• _Directions for this task_: Nothing outside the range is wanted. Repeat exactly the lines below from the one with "abbrev pub upload_file" through the one with "String → OutboundDiscordMessage Embed → String → Task".
** Data to examine follows **
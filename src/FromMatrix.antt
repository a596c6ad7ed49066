-- ===== src/FromMatrix.antt =====
-- src/bridge.rs: a message from Matrix is an echo, a command, or becomes messages on Discord.
pub mod Profile
pub mod Delivery
pub mod Forwarding
mod Tests
use Prim.Native.String
use matrix_bridge_discord.Prelude.{
  ℕ, List, [], ◌∷◌, ◌*◌, String, Bool, true, false, not, Option, none, some, if◌then◌else◌, Result,
  ok, err, ℤ, is_some, ltb, unwrap_or,
}
use mathlib.Core.Option
use matrix_bridge_discord.Text.{is_empty, starts_with}
use matrix_bridge_discord.MatrixCommand
use matrix_bridge_discord.MatrixCommand.{
  MatrixCommandHandler, MatrixCommandOutcome, ignored, reply, bridge_requested, unbridge_requested,
}
use matrix_bridge_discord.BridgeLogic.{RoomMapping}
use matrix_bridge_discord.MessageFlow.{
  Json, MatrixEvent, MatrixInboundMessage, OutboundDiscordMessage, extract_plain_text,
  parse_matrix_event, matrix_to_discord, render_content,
}
use matrix_bridge_discord.Rooms.{Options, request_bridge_matrix_room, unbridge_matrix_room}
use matrix_bridge_discord.Rooms.Store.{RoomStore}
use matrix_bridge_discord.Rooms.Tasks.{
  Call, get_user_profile, check_permission, download, send_notice, send_as_user, send_file_as_user,
  Outside, MediaInfo, World, Task, give, ◌>>=◌, ◌>>◌, query, call, attempt, perform,
}
use matrix_bridge_discord.FromMatrix.Profile.{
  avatar_for_discord, is_namespaced_user, Shown, shown_as,
}

abbrev pub max_discord_bytes : ℕ
max_discord_bytes = 8 * 1024 * 1024

-- An attachment's address, and the file if it has been downloaded.
abbrev pub Downloaded : Type 0
Downloaded = String × Option MediaInfo

abbrev pub if_small : String → Result String MediaInfo → Downloaded
if_small url (err e) = (url, none)
if_small url (ok media) =
    if ltb max_discord_bytes media.size then (url, none) else (url, some media)

abbrev pub labelled : String → String → String
labelled label url = String.◌++◌ label (String.◌++◌ ": " url)

module _ {S : Type 0} (outside : Outside S) where
  abbrev pub download_one : String → Task S Downloaded
  download_one url = if not (starts_with url "mxc://") then give (url, none) else do
    answer ← attempt (download url) (λ log. outside.media log url)
    give (if_small url answer)

  unfoldable pub download_matrix_attachments : List String → Task S (List Downloaded)
  download_matrix_attachments [] = give []
  download_matrix_attachments (url ∷ urls) = do
    one ← download_one url
    rest ← download_matrix_attachments urls
    give (one ∷ rest)

  abbrev pub post : Call → Task S String
  post c = call c (λ log. outside.sent log c)

  module _ (channel : String) (shown : Shown) where
    abbrev pub post_text : String → Task S String
    post_text text = post (send_as_user channel text [] none none shown.username shown.avatar)

    -- The upload of a file, or its address if the upload failed.
    abbrev pub or_url : String → MediaInfo → Result String String → Task S String
    or_url url media (ok id) = give id
    or_url url media (err e) = post_text (labelled media.filename url)

    abbrev pub upload_file : String → MediaInfo → Task S String
    upload_file url media = do
      answer ←
          attempt (send_file_as_user channel media shown.username shown.avatar)
            (λ log. outside.sent log (send_file_as_user channel media shown.username shown.avatar))
      or_url url media answer

    abbrev pub post_attachment : Downloaded → Task S String
    post_attachment (url, none) = post_text (labelled "Attachment" url)
    post_attachment (url, some media) =
        if ltb max_discord_bytes media.size
        then post_text (labelled media.filename url)
        else upload_file url media

    abbrev pub post_attachments : List Downloaded → Task S (Unit {0})
    post_attachments [] = give tt
    post_attachments (a ∷ rest) = do id ← post_attachment a; post_attachments rest

  -- The profile of the sender, or the sender alone if it is unknown.
  abbrev pub profile_of : String → Task S (Result String (Option (String × Option String)))
  profile_of sender = attempt (get_user_profile sender) (λ log. outside.profile log sender)

  module _ (homeserver_url : String) {Embed : Type 0} where
    abbrev pub post_content : String → Shown → OutboundDiscordMessage Embed → Task S (Unit {0})
    post_content channel shown outbound = if is_empty outbound.content then give tt else do
      id ← post (
          send_as_user channel outbound.content [] outbound.reply_to outbound.edit_of shown.username
            shown.avatar)
      give tt

    unfoldable pub send_to_discord_with_attachments :
        String → OutboundDiscordMessage Embed → String → List Downloaded → Task S (Unit {0})
    send_to_discord_with_attachments channel outbound sender attachments = do
      profile ← profile_of sender
      post_attachments channel (shown_as homeserver_url sender profile) attachments
      post_content channel (shown_as homeserver_url sender profile) outbound

    unfoldable pub send_to_discord_message_as_user :
        String → OutboundDiscordMessage Embed → String → Task S (Unit {0})
    send_to_discord_message_as_user channel outbound sender = do
      profile ← profile_of sender
      id ← post (
          send_as_user channel (render_content outbound) outbound.attachments outbound.reply_to
            outbound.edit_of (shown_as homeserver_url sender profile).username
            (shown_as homeserver_url sender profile).avatar)
      give tt

module _ {S : Type 0} (rooms : RoomStore S) (to_string : ℤ → String) (outside : Outside S)
    (options : Options) (homeserver_url : String) (handler : MatrixCommandHandler) (json : Json)
    (strip_html_tags format_for_discord : String → String) (Embed : Type 0) where
  abbrev pub notice : String → String → Task S (Unit {0})
  notice room text = perform outside.done (send_notice room text)

  unfoldable pub handle_matrix_command_outcome :
      MatrixCommandOutcome → String → String → Task S (Unit {0})
  handle_matrix_command_outcome ignored room sender = give tt
  handle_matrix_command_outcome (reply text) room sender = notice room text
  handle_matrix_command_outcome (bridge_requested guild_id channel_id) room sender = do
    text ←
        request_bridge_matrix_room rooms to_string outside options room sender guild_id channel_id
    notice room text
  handle_matrix_command_outcome unbridge_requested room sender = do
    text ← unbridge_matrix_room rooms to_string outside options room
    notice room text

  abbrev pub granted : Result String Bool → Bool
  granted (ok b) = b
  granted (err e) = false

  -- The body of an event, if there is one.
  abbrev pub body_of : MatrixEvent json → String
  body_of event = unwrap_or (Option.map (extract_plain_text json strip_html_tags) event.content) ""

  abbrev pub obey : MatrixEvent json → Option RoomMapping → Task S (Unit {0})
  obey event mapping = do
    answer ←
        attempt (check_permission event.sender event.room_id)
          (λ log. outside.allowed log event.sender event.room_id)
    handle_matrix_command_outcome
        (MatrixCommand.handle handler (λ _. ok (granted answer)) (body_of event) (is_some mapping))
        event.room_id event.sender

  abbrev pub forward_outbound :
      String → RoomMapping → OutboundDiscordMessage Embed → Task S (Unit {0})
  forward_outbound sender m outbound = do
    downloaded ← download_matrix_attachments outside outbound.attachments
    send_to_discord_with_attachments outside homeserver_url m.discord_channel_id outbound sender
        downloaded

  abbrev pub forward :
      MatrixEvent json → RoomMapping → Option MatrixInboundMessage → Task S (Unit {0})
  forward event m none = give tt
  forward event m (some message) =
      forward_outbound event.sender m (matrix_to_discord format_for_discord message)

  abbrev pub forward_if_bridged : MatrixEvent json → Option RoomMapping → Task S (Unit {0})
  forward_if_bridged event none = give tt
  forward_if_bridged event (some m) =
      forward event m (parse_matrix_event json strip_html_tags event)

  unfoldable pub handle_matrix_message : MatrixEvent json → Task S (Unit {0})
  handle_matrix_message event = if is_namespaced_user event.sender then give tt else do
    mapping ← query (λ s. rooms.get_room_by_matrix_room s event.room_id)
    if MatrixCommand.is_command handler (body_of event)
        then obey event mapping
        else forward_if_bridged event mapping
** End of Data to examine **
• _Task response_:
    abbrev pub upload_file : String → MediaInfo → Task S String
    upload_file url media = do
      answer ←
          attempt (send_file_as_user channel media shown.username shown.avatar)
            (λ log. outside.sent log (send_file_as_user channel media shown.username shown.avatar))
      or_url url media answer

    abbrev pub post_attachment : Downloaded → Task S String
    post_attachment (url, none) = post_text (labelled "Attachment" url)
    post_attachment (url, some media) =
        if ltb max_discord_bytes media.size
        then post_text (labelled media.filename url)
        else upload_file url media

    abbrev pub post_attachments : List Downloaded → Task S (Unit {0})
    post_attachments [] = give tt
    post_attachments (a ∷ rest) = do id ← post_attachment a; post_attachments rest

  -- The profile of the sender, or the sender alone if it is unknown.
  abbrev pub profile_of : String → Task S (Result String (Option (String × Option String)))
  profile_of sender = attempt (get_user_profile sender) (λ log. outside.profile log sender)

  module _ (homeserver_url : String) {Embed : Type 0} where
    abbrev pub post_content : String → Shown → OutboundDiscordMessage Embed → Task S (Unit {0})
    post_content channel shown outbound = if is_empty outbound.content then give tt else do
      id ← post (
          send_as_user channel outbound.content [] outbound.reply_to outbound.edit_of shown.username
            shown.avatar)
      give tt

    unfoldable pub send_to_discord_with_attachments :
        String → OutboundDiscordMessage Embed → String → List Downloaded → Task S (Unit {0})
    send_to_discord_with_attachments channel outbound sender attachments = do
      profile ← profile_of sender
      post_attachments channel (shown_as homeserver_url sender profile) attachments
      post_content channel (shown_as homeserver_url sender profile) outbound

    unfoldable pub send_to_discord_message_as_user :
        String → OutboundDiscordMessage Embed → String → Task S (Unit {0})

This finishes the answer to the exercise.